Table 2. Activation energy.

Coating	Ea [eV]	Ea HT [eV]
Garnet Mong, SD 370	0.0200	0.0010
Garnet Mong, SD 470	0.0054	0.0056
Garnet GBM, SD 370	0.0600	0.0008
Garnet GBM, SD 470	n.a *	0.0012

* Non-linear trend (the fit imprecise), too dispersed values.

. The activation energy was lower at higher temperature. The point of change in the slope, i.e., change of a predominant activation mechanism, was at about 150 °C.

3.3. Reflectance

The diffused reflectance is displayed in Figure 19 in comparison with other very antireflective materials, B₄C and oxygen-depleted (black) TiO₂. We see that garnet coating was the most antireflective in the whole studied spectral range, with reflectance only about 6 percent (of the BaSO₄ standard). The difference in reflectance between individual garnet samples was rather negligible. Literature describing reflectance (including only partly similar techniques, such as specular reflectance) is very scarce. Concerning the role of iron ions, Fe³⁺ should result in shorter wavelength sharp bands and broad/weak spectral features in the 0.6 and 0.8 µm regions [9]. Fe ions could also account for a reflectance drop-off toward shorter wavelengths. Fe²⁺, when present, was responsible for absorption features in the 1.3 and 1.6 µm spectral regions in [9]. The authors of [9] measured powders using calibration different than that of BaSO₄ material, and did some software treatment for the background extraction, so the results were hardly comparable with ours. We believe that the peaks around 850 nm were instrumental artifacts of the grit position adjustment. Similar materials, i.e., plasma sprayed basalt [10], also had very flat reflectance characteristics at the observed wavelengths.

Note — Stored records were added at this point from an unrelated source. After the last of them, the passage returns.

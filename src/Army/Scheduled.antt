-- ===== src/Army/Scheduled.antt =====
-- workers/small_map_worker/_army_build_queue_manager.cpp: the timer of a camp waits exactly while
-- soldiers are queued, whatever happens to the camp.
pub mod Queues
pub mod Handlers
pub mod Reloaded
use cpp_framework.Prelude.{
  ℕ, ◌≡◌, refl, Bool, true, false, not, Option, none, some, List, [], ◌∷◌, Dict, Bytes,
  if◌then◌else◌, arith,
}
use cpp_framework.Router.Fault.{Fault, Result, ok, ◌>>=◌, or_fault}
use cpp_framework.Army.State.{SoldierInfoRequest, TimerQueue, Arms, Game, Player, is_empty, arms_at}

module _ {Db : Type 0} (g : Game Db) where
  -- Every entry is of soldiers that the configuration has.
  unfoldable pub AreArmed : List SoldierInfoRequest → Type 0
  AreArmed [] = Unit
  AreArmed (sir ∷ rest) =
      ((a : Arms) × (arms_at g sir.soldier_type sir.soldier_level ≡ some a)) × AreArmed rest

  pub record IsScheduled (tq : TimerQueue) : Type 0 where
    pub waits : tq.waiting ≡ not (is_empty tq.armys_queue)
    pub armed : AreArmed tq.armys_queue

  unfoldable pub AreScheduled : Dict Bytes TimerQueue → Type 0
  AreScheduled [] = Unit
  AreScheduled ((camp, tq) ∷ rest) = IsScheduled tq × AreScheduled rest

3.4. Mechanical Properties

The slurry abrasion response (SAR) expressed by an Inverse wear rate, i.e., how many meters of the run in a slurry are necessary to worn out 1 cubic millimeter of the tested material, was about 45 m. This was comparable with some other natural mineral-based plasma coatings, such as diopside or basalt [10]. The difference in SAR between individual garnet samples was rather negligible.

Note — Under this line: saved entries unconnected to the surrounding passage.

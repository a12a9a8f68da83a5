-- ===== src/Army/Scheduled/Queues.antt =====
-- workers/small_map_worker/_army_build_queue_manager.cpp: what adding, removing and building do to
-- one camp's queue and timer.
use cpp_framework.Prelude.{
  signed_le, short_sub, ℕ, zero, suc, ◌≡◌, refl, Bool, true, false, none, some, List, [], ◌∷◌, ◌++◌,
  Bytes, bytes_key, nat_key, Dict, lookup, insert, modify, arith, if◌then◌else◌, bytes_lt,
  bytes_eq_iff, ◌==◌, Bool-cases, inl, inr,
}
use mathlib.Core.Path.{subst}
use cpp_framework.Army.State.{
  SoldierInfoRequest, Time, TimerQueue, Arms, Game, new_timer_queue, is_empty, arms_at,
}
use cpp_framework.Army.Queue.{
  push_back, cancel_timer, add_to, del_from, same_soldier, register_time, append_soldiers,
  del_first, unqueue_soldiers, take_soldier, waiting_time, queue_soldiers,
}
use cpp_framework.Router.Returns.{
  Returns, returns, Returns->>=, Returns-if, Returns-list, Returns-OnSome, OnSome, absent, present,
  OnSome-if, OnSome-map, or_fault-Returns,
}
use cpp_framework.Army.Scheduled.{AreArmed, IsScheduled, AreScheduled}

module _ {Db : Type 0} (g : Game Db) where
  AreArmed-add_to :
      (info : SoldierInfoRequest) (queue : List SoldierInfoRequest)
      → AreArmed g queue
      → OnSome (λ more. AreArmed g more × (is_empty more ≡ is_empty queue)) (add_to info queue)
  unfolding add_to AreArmed
  AreArmed-add_to info [] v = absent
  AreArmed-add_to info (sir ∷ rest) v =
      OnSome-if (same_soldier sir info) (present (v, refl))
        (OnSome-map _ (AreArmed-add_to info rest v.1) λ more m. ((v.0, m.0), refl))

  AreArmed-del_from :
      (info : SoldierInfoRequest) (queue : List SoldierInfoRequest)
      → AreArmed g queue
      → OnSome (AreArmed g) (del_from info queue)
  unfolding del_from AreArmed
  AreArmed-del_from info [] v = absent
  AreArmed-del_from info (sir ∷ rest) v =
      OnSome-if (same_soldier sir info)
        (OnSome-if (signed_le 16 (short_sub sir.soldier_num info.soldier_num) 0) (present v.1)
          (present v))
        (OnSome-map _ (AreArmed-del_from info rest v.1) λ more m. (v.0, m))

  pub AreArmed-append :
      (queue : List SoldierInfoRequest) (info : SoldierInfoRequest) (a : Arms)
      → AreArmed g queue
      → arms_at g info.soldier_type info.soldier_level ≡ some a
      → AreArmed g (queue ++ (info ∷ []))
  unfolding AreArmed
  AreArmed-append [] info a v h = ((a, h), tt)
  AreArmed-append (sir ∷ rest) info a v h = (v.0, AreArmed-append rest info a v.1 h)

  pub is_empty-append :
      (queue : List SoldierInfoRequest) (info : SoldierInfoRequest)
      → is_empty (queue ++ (info ∷ [])) ≡ false
  is_empty-append [] info = refl
  is_empty-append (sir ∷ rest) info = refl

  AreArmed-rest :
      {queue : List SoldierInfoRequest} {sir : SoldierInfoRequest} {rest : List SoldierInfoRequest}
      → queue ≡ sir ∷ rest
      → AreArmed g queue
      → ((a : Arms) × (arms_at g sir.soldier_type sir.soldier_level ≡ some a)) × AreArmed g rest
  AreArmed-rest e v = unfold AreArmed in subst (AreArmed g) e v

  AreArmed-cons :
      (sir : SoldierInfoRequest) (rest : List SoldierInfoRequest)
      → ((a : Arms) × (arms_at g sir.soldier_type sir.soldier_level ≡ some a)) × AreArmed g rest
      → AreArmed g (sir ∷ rest)
  unfolding AreArmed
  AreArmed-cons sir rest v = v

  pub lookup-AreScheduled :
      (camp : Bytes) (camps : Dict Bytes TimerQueue) (tq : TimerQueue)
      → AreScheduled g camps
      → lookup camp camps ≡ some tq
      → IsScheduled g tq
  unfolding AreScheduled lookup
  lookup-AreScheduled camp [] tq v h = cc
  lookup-AreScheduled camp ((c, t) ∷ rest) tq v h = ground (arith, lookup-AreScheduled camp rest tq)

  AreScheduled-if :
      (c : Bool) (x y : Dict Bytes TimerQueue)
      → AreScheduled g x
      → AreScheduled g y
      → AreScheduled g (if c then x else y)
  AreScheduled-if true x y p q = p
  AreScheduled-if false x y p q = q

  pub modify-AreScheduled :
      (camp : Bytes) (camps : Dict Bytes TimerQueue) (tq : TimerQueue)
      → AreScheduled g camps
      → IsScheduled g tq
      → AreScheduled g (modify camp (λ _. tq) camps)
  unfolding AreScheduled modify
  modify-AreScheduled camp [] tq v h = v
  modify-AreScheduled camp ((c, t) ∷ rest) tq v h =
      AreScheduled-if (c == camp) _ _ (h, v.1) (v.0, modify-AreScheduled camp rest tq v.1 h)

  pub new-IsScheduled : IsScheduled g new_timer_queue
  new-IsScheduled = record { waits = refl; armed = unfold AreArmed in tt }

  pub insert-AreScheduled :
      (camp : Bytes) (camps : Dict Bytes TimerQueue)
      → AreScheduled g camps
      → AreScheduled g (insert camp new_timer_queue camps)
  unfolding AreScheduled insert
  insert-AreScheduled camp [] v = (new-IsScheduled, tt)
  insert-AreScheduled camp ((c, t) ∷ rest) v = AreScheduled-if (c == camp) _ _ v (
      AreScheduled-if (bytes_lt camp c) _ _ (new-IsScheduled, v)
        (v.0, insert-AreScheduled camp rest v.1))

  pub lookup-insert_new :
      (camp : Bytes) (camps : Dict Bytes TimerQueue)
      → (tq : TimerQueue) × (lookup camp (insert camp new_timer_queue camps) ≡ some tq)
  unfolding lookup insert
  lookup-insert_new camp [] = (new_timer_queue, ground (arith, bytes_eq_iff camp camp))
  lookup-insert_new camp ((c, t) ∷ rest) =
      let r = lookup-insert_new camp rest in
      elim (Bool-cases (c == camp)) [
        | inl e ↦ (t, ground (arith, e))
        | inr e ↦ elim (Bool-cases (bytes_lt camp c)) [
          | inl l ↦ (new_timer_queue, ground (arith, e, l, bytes_eq_iff camp camp))
          | inr l ↦ (r.0, ground (arith, e, l, r.1))
        ]
      ]

  module _ (now : ℕ) where
    pub waiting_time-Returns :
        (sir : SoldierInfoRequest) (secs : ℕ) (rest : List SoldierInfoRequest)
        → AreArmed g (sir ∷ rest)
        → Returns (λ _. Unit {0}) (waiting_time g now sir secs)
    unfolding waiting_time AreArmed
    waiting_time-Returns sir zero rest v =
        Returns->>= (or_fault-Returns _ _ v.0.0 v.0.1) λ a _. returns tt
    waiting_time-Returns sir (suc secs) rest v = returns tt

    pub register_time-IsScheduled :
        (begins : Time) (secs : ℕ) (tq : TimerQueue)
        → AreArmed g tq.armys_queue
        → (is_empty tq.armys_queue ≡ true → tq.waiting ≡ false)
        → Returns (IsScheduled g) (register_time g now begins secs tq)
    unfolding register_time
    register_time-IsScheduled begins secs tq v h =
        Returns-list tq.armys_queue
          (λ e. returns (record { waits = ground (arith, h, e); armed = v }))
          λ sir rest e.
            Returns->>= (waiting_time-Returns sir secs rest (subst (AreArmed g) e v))
              λ duration _. returns (record { waits = ground (arith, e); armed = v })

    pub queue_soldiers-IsScheduled :
        (info : SoldierInfoRequest) (a : Arms) (tq : TimerQueue)
        → arms_at g info.soldier_type info.soldier_level ≡ some a
        → IsScheduled g tq
        → Returns (IsScheduled g) (queue_soldiers g now info tq)
    unfolding queue_soldiers append_soldiers push_back
    queue_soldiers-IsScheduled info a tq h v =
        Returns-OnSome (AreArmed-add_to info tq.armys_queue v.armed)
          (Returns-if (is_empty tq.armys_queue)
            (λ e.
              register_time-IsScheduled _ 0 _ (AreArmed-append tq.armys_queue info a v.armed h)
                λ _. ground (arith, v.waits, e))
            λ e. returns (record {
              waits = ground (arith, v.waits, e, is_empty-append tq.armys_queue info);
              armed = AreArmed-append tq.armys_queue info a v.armed h;
            }))
          λ more m. returns (record { waits = ground (arith, m.1, v.waits); armed = m.0 })

    cancel_timer-idle : (tq : TimerQueue) → IsScheduled g tq → (cancel_timer tq).waiting ≡ false
    unfolding cancel_timer
    cancel_timer-idle tq v = ground (arith, v.waits)

    del_first-IsScheduled :
        (info sir : SoldierInfoRequest) (rest : List SoldierInfoRequest) (tq : TimerQueue)
        → tq.armys_queue ≡ sir ∷ rest
        → IsScheduled g tq
        → Returns (IsScheduled g) (del_first g now info sir rest tq)
    unfolding del_first
    del_first-IsScheduled info sir rest tq e v =
        Returns-if (signed_le 16 sir.soldier_num info.soldier_num)
          (λ _.
            register_time-IsScheduled _ 0 _ (AreArmed-rest e v.armed).1 λ _. cancel_timer-idle tq v)
          λ _. returns (record {
            waits = ground (arith, v.waits, e);
            armed = AreArmed-cons _ rest (AreArmed-rest e v.armed);
          })

    pub unqueue_soldiers-IsScheduled :
        (info : SoldierInfoRequest) (tq : TimerQueue)
        → IsScheduled g tq
        → Returns (OnSome (IsScheduled g)) (unqueue_soldiers g now info tq)
    unfolding unqueue_soldiers
    unqueue_soldiers-IsScheduled info tq v =
        Returns-list tq.armys_queue (λ e. returns absent)
          λ sir rest e.
            Returns-if (same_soldier sir info)
              (λ _.
                Returns->>= (del_first-IsScheduled info sir rest tq e v)
                  λ tq' v'. returns (present v'))
              λ _.
                Returns-OnSome (AreArmed-del_from info rest (AreArmed-rest e v.armed).1)
                  (returns absent)
                  λ more m. returns (
                    present (record {
                      waits = ground (arith, v.waits, e);
                      armed = AreArmed-cons sir more ((AreArmed-rest e v.armed).0, m);
                    }))

    take_soldier-armed :
        (sir : SoldierInfoRequest) (rest : List SoldierInfoRequest) (tq : TimerQueue)
        → AreArmed g (sir ∷ rest)
        → AreArmed g (take_soldier g now sir rest tq).armys_queue
          × ((take_soldier g now sir rest tq).waiting ≡ tq.waiting)
    unfolding take_soldier
    take_soldier-armed sir rest tq v =
        elim (sir.soldier_num == 1)
          as (λ b.
            let t = if b then record tq { armys_queue = rest; is_block = false } else record tq {
              armys_queue = record sir { soldier_num = short_sub sir.soldier_num 1 } ∷ rest;
              is_block = false;
            } in
            AreArmed g t.armys_queue × (t.waiting ≡ tq.waiting)) [
              | true ↦ ((unfold AreArmed in v.1), refl)
              | false ↦ ((unfold AreArmed in v), refl)
            ]

    pub built-IsScheduled :
        (sir : SoldierInfoRequest) (rest : List SoldierInfoRequest) (tq : TimerQueue)
        → AreArmed g (sir ∷ rest)
        → tq.waiting ≡ false
        → Returns (IsScheduled g) (register_time g now none 0 (take_soldier g now sir rest tq))
    built-IsScheduled sir rest tq v h =
        let t = take_soldier-armed sir rest tq v in
        register_time-IsScheduled none 0 _ t.0 λ _. ground (arith, t.1, h)

    pub blocked-IsScheduled :
        (tq : TimerQueue)
        → AreArmed g tq.armys_queue
        → tq.waiting ≡ false
        → Returns (IsScheduled g) (register_time g now none 30 (record tq { is_block = true }))
    blocked-IsScheduled tq v h = register_time-IsScheduled none 30 _ v λ _. h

Microhardness is shown in Figure 4. The values were higher, but with a higher dispersion, for the Mong samples. This corresponded to their crystallinity (higher hardness) but more chaotic splats and individual component alignment (the higher hardness standard deviation). The influence of SD was not important, any differences were deeply lost in the size of standard deviation.

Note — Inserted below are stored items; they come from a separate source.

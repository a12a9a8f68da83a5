-- ===== src/Army/Scheduled/Handlers.antt =====
-- workers/small_map_worker/_army_build_queue_manager.cpp: no request, no timer and no order in which
-- they come leaves a camp with soldiers and no timer, and none of them goes wrong.
use mathlib.Core.Path.{subst}
use cpp_framework.Prelude.{
  ℕ, zero, suc, ◌≡◌, refl, Bool, true, false, Option, none, some, List, [], ◌∷◌, Bytes, bytes_key,
  Dict, lookup, arith,
}
use cpp_framework.Router.Fault.{Fault, or_fault}
use cpp_framework.Army.State.{
  Operation, SoldierInfoRequest, TimerQueue, Arms, Resources, Game, Player, arms_at, load_camp,
  store_camp, send_to_player,
}
use cpp_framework.Army.Queue.{
  cancel_timer, insert_to_builded, write_camp, send_process_result_to_user,
  send_soldier_is_complete, write_into_redis, man_resources, soldier_is_unlock, paid, buy_soldiers,
  add_soldiers, give_back, del_from_camp, del_soldiers, soldier_built, time_is_up_in, time_is_up,
}
use cpp_framework.Army.Complete.{
  build_total_second, build_soldiers, build_all, cleared, pay, complete_in, complete_at_once,
  time_remain, camp_infos, get_camp_info, Event, request_process, handle, run_player, rounds,
}
use cpp_framework.Router.Returns.{
  Returns, returns, Returns->>=, Returns-if, Returns-list, Returns-option, OnSome, absent, present,
  or_fault-Returns,
}
use cpp_framework.Army.Scheduled.{AreArmed, IsScheduled, AreScheduled}
use cpp_framework.Army.Scheduled.Queues.{
  lookup-AreScheduled, modify-AreScheduled, insert-AreScheduled, queue_soldiers-IsScheduled,
  unqueue_soldiers-IsScheduled, lookup-insert_new, built-IsScheduled, blocked-IsScheduled,
}

module _ {Db : Type 0} (g : Game Db) where
  -- Every soldier of the configuration has a limit in the table.
  unfoldable pub HasLimits : Type 0
  HasLimits =
      (now soldier_type soldier_level : ℕ) (a : Arms) (p : Player Db)
      → arms_at g soldier_type soldier_level ≡ some a
      → Returns (λ _. Unit {0}) (soldier_is_unlock g now soldier_type soldier_level p)

  abbrev pub Holds : Player Db → Type 0
  Holds p = AreScheduled g p.camp_queue

  module _ (now : ℕ) where
    camps-send_process_result_to_user :
        (info : SoldierInfoRequest) (status : Bool) (r : Resources) (p : Player Db)
        → (send_process_result_to_user g now info status r p).camp_queue ≡ p.camp_queue
    unfolding send_process_result_to_user send_to_player
    camps-send_process_result_to_user info status r p =
        elim (lookup info.which_camp p.camp_queue)
          as (λ o. (write_camp g now info.which_camp o p).camp_queue ≡ p.camp_queue) [
            | none ↦ unfold write_camp in refl
            | some tq ↦ unfold write_camp write_into_redis in refl
          ]

    camps-insert_to_builded :
        (soldier_type soldier_level : ℕ) (p : Player Db)
        → (insert_to_builded g now soldier_type soldier_level p).1.camp_queue ≡ p.camp_queue
    unfolding insert_to_builded
    camps-insert_to_builded soldier_type soldier_level p = ground arith

    camps-build_soldiers :
        (n : ℕ) (sir : SoldierInfoRequest) (p : Player Db)
        → (build_soldiers g now n sir p).1.camp_queue ≡ p.camp_queue
    unfolding build_soldiers
    camps-build_soldiers zero sir p = refl
    camps-build_soldiers (suc n) sir p = ground (
      arith,
      camps-insert_to_builded sir.soldier_type sir.soldier_level p,
      camps-build_soldiers n sir (insert_to_builded g now sir.soldier_type sir.soldier_level p).1,
    )

    camps-build_all :
        (queue : List SoldierInfoRequest) (p : Player Db)
        → (build_all g now queue p).1.camp_queue ≡ p.camp_queue
    unfolding build_all
    camps-build_all [] p = refl
    camps-build_all (sir ∷ queue) p = ground (
      arith,
      camps-build_soldiers (rounds sir.soldier_num) sir p,
      camps-build_all queue (build_soldiers g now (rounds sir.soldier_num) sir p).1,
    )

    sent-Holds :
        (info : SoldierInfoRequest) (status : Bool) (r : Resources) (p : Player Db)
        → Holds p
        → Holds (send_process_result_to_user g now info status r p)
    sent-Holds info status r p v = rw (camps-send_process_result_to_user info status r p) v

    store_camp-Holds :
        (camp : Bytes) (tq : TimerQueue) (p : Player Db)
        → IsScheduled g tq
        → Holds p
        → Holds (store_camp camp tq p)
    unfolding store_camp
    store_camp-Holds camp tq p t v = modify-AreScheduled g camp p.camp_queue tq v t

    or_fault-IsScheduled :
        (o : Option TimerQueue) (f : (tq : TimerQueue) × (o ≡ some tq))
        → IsScheduled g f.0
        → Returns (IsScheduled g) (or_fault Fault.null_pointer o)
    or_fault-IsScheduled none f t = absurd (ground (arith, f.1))
    or_fault-IsScheduled (some tq) f t = returns (subst (IsScheduled g) (ground (arith, f.1)) t)

    load_camp-Returns :
        (camp : Bytes) (p : Player Db)
        → Holds p
        → (tq : TimerQueue) × (lookup camp p.camp_queue ≡ some tq)
        → Returns (IsScheduled g) (load_camp p camp)
    unfolding load_camp
    load_camp-Returns camp p v f =
        or_fault-IsScheduled (lookup camp p.camp_queue) f
          (lookup-AreScheduled g camp p.camp_queue f.0 v f.1)

    paid-Holds :
        (info : SoldierInfoRequest) (a : Arms) (r : Bool × Resources × Player Db)
        → arms_at g info.soldier_type info.soldier_level ≡ some a
        → Holds r.2
        → (tq : TimerQueue) × (lookup info.which_camp r.2.camp_queue ≡ some tq)
        → Returns Holds (paid g now info r)
    unfolding paid
    paid-Holds info a (false, r, p) h v _ = returns (sent-Holds info false r p v)
    paid-Holds info a (true, r, p) h v f =
        Returns->>= (load_camp-Returns info.which_camp p v f) λ tq t.
          Returns->>= (queue_soldiers-IsScheduled g now info a tq h t) λ tq' t'.
            returns (sent-Holds info true r _ (store_camp-Holds info.which_camp tq' p t' v))

    buy_soldiers-Holds :
        (info : SoldierInfoRequest) (a : Arms) (p : Player Db) (unlocked : Bool)
        → arms_at g info.soldier_type info.soldier_level ≡ some a
        → Holds p
        → (tq : TimerQueue) × (lookup info.which_camp p.camp_queue ≡ some tq)
        → Returns Holds (buy_soldiers g now info a p unlocked)
    unfolding buy_soldiers man_resources
    buy_soldiers-Holds info a p true h v f = returns v
    buy_soldiers-Holds info a p false h v f = paid-Holds info a _ h v f

    add_soldiers-Holds :
        (info : SoldierInfoRequest) (p : Player Db)
        → HasLimits
        → Holds p
        → Returns Holds (add_soldiers g now info p)
    unfolding add_soldiers HasLimits
    add_soldiers-Holds info p limits v =
        let v1 = insert-AreScheduled g info.which_camp p.camp_queue v in
        Returns-option (arms_at g info.soldier_type info.soldier_level) (λ _. returns v1)
          λ a h. Returns->>= (limits now info.soldier_type info.soldier_level a _ h) λ unlocked _.
            buy_soldiers-Holds info a _ unlocked h v1
              (lookup-insert_new g info.which_camp p.camp_queue)

    give_back-Holds :
        (info : SoldierInfoRequest) (a : Arms) (o : Option TimerQueue) (p : Player Db)
        → OnSome (IsScheduled g) o
        → Holds p
        → Holds (give_back g now info a o p)
    unfolding give_back man_resources
    give_back-Holds info a none p absent v = v
    give_back-Holds info a (some tq) p (present t) v =
        sent-Holds info true _ _ (store_camp-Holds info.which_camp tq p t v)

    del_from_camp-Holds :
        (info : SoldierInfoRequest) (a : Arms) (o : Option TimerQueue) (p : Player Db)
        → ((tq : TimerQueue) → o ≡ some tq → IsScheduled g tq)
        → Holds p
        → Returns Holds (del_from_camp g now info a o p)
    unfolding del_from_camp
    del_from_camp-Holds info a none p t v = returns (sent-Holds info false _ p v)
    del_from_camp-Holds info a (some tq) p t v =
        Returns->>= (unqueue_soldiers-IsScheduled g now info tq (t tq refl))
          λ o s. returns (give_back-Holds info a o p s v)

    del_soldiers-Holds :
        (info : SoldierInfoRequest) (p : Player Db)
        → Holds p
        → Returns Holds (del_soldiers g now info p)
    unfolding del_soldiers
    del_soldiers-Holds info p v =
        Returns-option (arms_at g info.soldier_type info.soldier_level) (λ _. returns v)
          λ a h.
            del_from_camp-Holds info a _ p
              (λ tq. lookup-AreScheduled g info.which_camp p.camp_queue tq v) v

    soldier_built-Holds :
        (camp : Bytes) (sir : SoldierInfoRequest) (rest : List SoldierInfoRequest) (tq : TimerQueue)
        (r : Option ℕ × Player Db)
        → AreArmed g (sir ∷ rest)
        → AreArmed g tq.armys_queue
        → tq.waiting ≡ false
        → Holds r.1
        → Returns Holds (soldier_built g now camp sir rest tq r)
    unfolding soldier_built send_soldier_is_complete send_to_player write_into_redis
    soldier_built-Holds camp sir rest tq (none, p) a q h v =
        Returns->>= (blocked-IsScheduled g now tq q h)
          λ tq' t. returns (store_camp-Holds camp tq' p t v)
    soldier_built-Holds camp sir rest tq (some soldier_id, p) a q h v =
        Returns->>= (built-IsScheduled g now sir rest tq a h)
          λ tq' t. returns (store_camp-Holds camp tq' _ t v)

    time_is_up-Holds :
        (camp : Bytes) (p : Player Db) → Holds p → Returns Holds (time_is_up g now camp p)
    unfolding time_is_up time_is_up_in
    time_is_up-Holds camp p v =
        Returns-option (lookup camp p.camp_queue) (λ _. returns v)
          λ tq e.
            Returns-if tq.waiting
              (λ _.
                Returns-list tq.armys_queue (λ _. returns v)
                  λ sir rest c.
                    let t = lookup-AreScheduled g camp p.camp_queue tq v e in
                    soldier_built-Holds camp sir rest _ _ (subst (AreArmed g) c t.armed) t.armed
                      refl (rw (camps-insert_to_builded sir.soldier_type sir.soldier_level p) v))
              λ _. returns v

    build_total_second-Returns :
        (queue : List SoldierInfoRequest) (total : ℕ)
        → AreArmed g queue
        → Returns (λ _. Unit {0}) (build_total_second g now queue total)
    unfolding build_total_second AreArmed
    build_total_second-Returns [] total v = returns tt
    build_total_second-Returns (sir ∷ rest) total v =
        Returns->>= (or_fault-Returns _ _ v.0.0 v.0.1) λ a _. build_total_second-Returns rest _ v.1

    cleared-IsScheduled : (tq : TimerQueue) → IsScheduled g tq → IsScheduled g (cleared g now tq)
    unfolding cleared
    cleared-IsScheduled tq t = record {
      waits = unfold cancel_timer in ground (arith, t.waits);
      armed = unfold AreArmed in tt;
    }

    pay-Holds :
        (camp : Bytes) (tq : TimerQueue) (diamond_to_sub : ℕ) (r : Bool × Db) (p : Player Db)
        → IsScheduled g tq
        → Holds p
        → Holds (pay g now camp tq diamond_to_sub r p)
    unfolding pay send_to_player write_into_redis
    pay-Holds camp tq diamond_to_sub (false, db) p t v = v
    pay-Holds camp tq diamond_to_sub (true, db) p t v =
        store_camp-Holds camp _ _ (cleared-IsScheduled tq t)
          (rw (camps-build_all tq.armys_queue (record p { db = db })) v)

    complete_at_once-Holds :
        (camp : Bytes) (p : Player Db) → Holds p → Returns Holds (complete_at_once g now camp p)
    unfolding complete_at_once complete_in
    complete_at_once-Holds camp p v =
        Returns-option (lookup camp p.camp_queue) (λ _. returns v)
          λ tq e.
            let t = lookup-AreScheduled g camp p.camp_queue tq v e in
            Returns->>= (build_total_second-Returns tq.armys_queue 0 t.armed)
              λ total _. returns (pay-Holds camp tq _ _ p t v)

    time_remain-Returns :
        (tq : TimerQueue) → IsScheduled g tq → Returns (λ _. Unit {0}) (time_remain g now tq)
    unfolding time_remain AreArmed
    time_remain-Returns tq t =
        Returns-list tq.armys_queue (λ _. returns tt)
          λ sir rest e.
            let v = subst (AreArmed g) e t.armed in
            Returns-if tq.is_block (λ _. returns tt)
              λ _. Returns->>= (or_fault-Returns _ _ v.0.0 v.0.1) λ a _. returns tt

    camp_infos-Returns :
        (camps : Dict Bytes TimerQueue)
        → AreScheduled g camps
        → Returns (λ _. Unit {0}) (camp_infos g now camps)
    unfolding camp_infos AreScheduled
    camp_infos-Returns [] v = returns tt
    camp_infos-Returns ((camp, tq) ∷ rest) v =
        Returns->>= (time_remain-Returns tq v.0)
          λ time _. Returns->>= (camp_infos-Returns rest v.1) λ infos _. returns tt

    get_camp_info-Holds : (p : Player Db) → Holds p → Returns Holds (get_camp_info g now p)
    unfolding get_camp_info send_to_player
    get_camp_info-Holds p v = Returns->>= (camp_infos-Returns p.camp_queue v) λ infos _. returns v

    request_process-Holds :
        (operation : Operation) (info : SoldierInfoRequest) (p : Player Db)
        → HasLimits
        → Holds p
        → Returns Holds (request_process g now operation info p)
    unfolding request_process
    request_process-Holds Operation.add info p limits v = add_soldiers-Holds info p limits v
    request_process-Holds Operation.del info p limits v = del_soldiers-Holds info p v
    request_process-Holds Operation.nothing info p limits v = returns v

    handle-Holds :
        (event : Event) (p : Player Db) → HasLimits → Holds p → Returns Holds (handle g now event p)
    unfolding handle
    handle-Holds (Event.requests info) p limits v =
        request_process-Holds info.operation info p limits v
    handle-Holds (Event.completes camp) p limits v = complete_at_once-Holds camp p v
    handle-Holds (Event.time_up camp) p limits v = time_is_up-Holds camp p v
    handle-Holds Event.asks p limits v = get_camp_info-Holds p v

  -- From a player with no camps, or any state in which each camp's timer waits exactly while soldiers
  -- of the configuration are queued, every sequence of requests and time-outs returns without a
  -- fault in such a state, if the table of limits covers the configuration.
  pub run_player-AreScheduled :
      (events : List (ℕ × Event)) (p : Player Db)
      → HasLimits
      → AreScheduled g p.camp_queue
      → Returns (λ q. AreScheduled g q.camp_queue) (run_player g events p)
  unfolding run_player
  run_player-AreScheduled [] p limits v = returns v
  run_player-AreScheduled ((now, event) ∷ events) p limits v =
      Returns->>= (handle-Holds now event p limits v)
        λ q w. run_player-AreScheduled events q limits w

In summary, the garnet coatings were mechanically rather hard but brittle. Due to the structural imperfections and multiphase character their wear resistance was rather low.

4. Conclusions

The garnet coatings formed by plasma spraying of natural powders exhibited good dielectric properties. The best sample, the Mongolian almandine-based composition, processed using plasma spray distance 370 mm, had relative permittivity 12 and loss tangent 0.02 practically in the whole studied frequency range 20 Hz–1 MHz. In the studied temperature range 30–300 °C this coating was also the best one. The cause was its high DC resistivity, slightly above 10¹² Ωm, three orders of magnitude above the resistivity of the Czech garnet GBM coatings. All garnet coatings were extraordinarily antireflective in visible and near-infrared bands. The plasma sprayed garnet coatings could, with their dielectric properties, replace sintered ceramics as a fine-grained porcelain, steatite or cordierite in the electric and power industry. The mechanical demands on the garnet-made components should be carefully monitored, since the material was hard and brittle, sensitive to cracking and possibly chipping.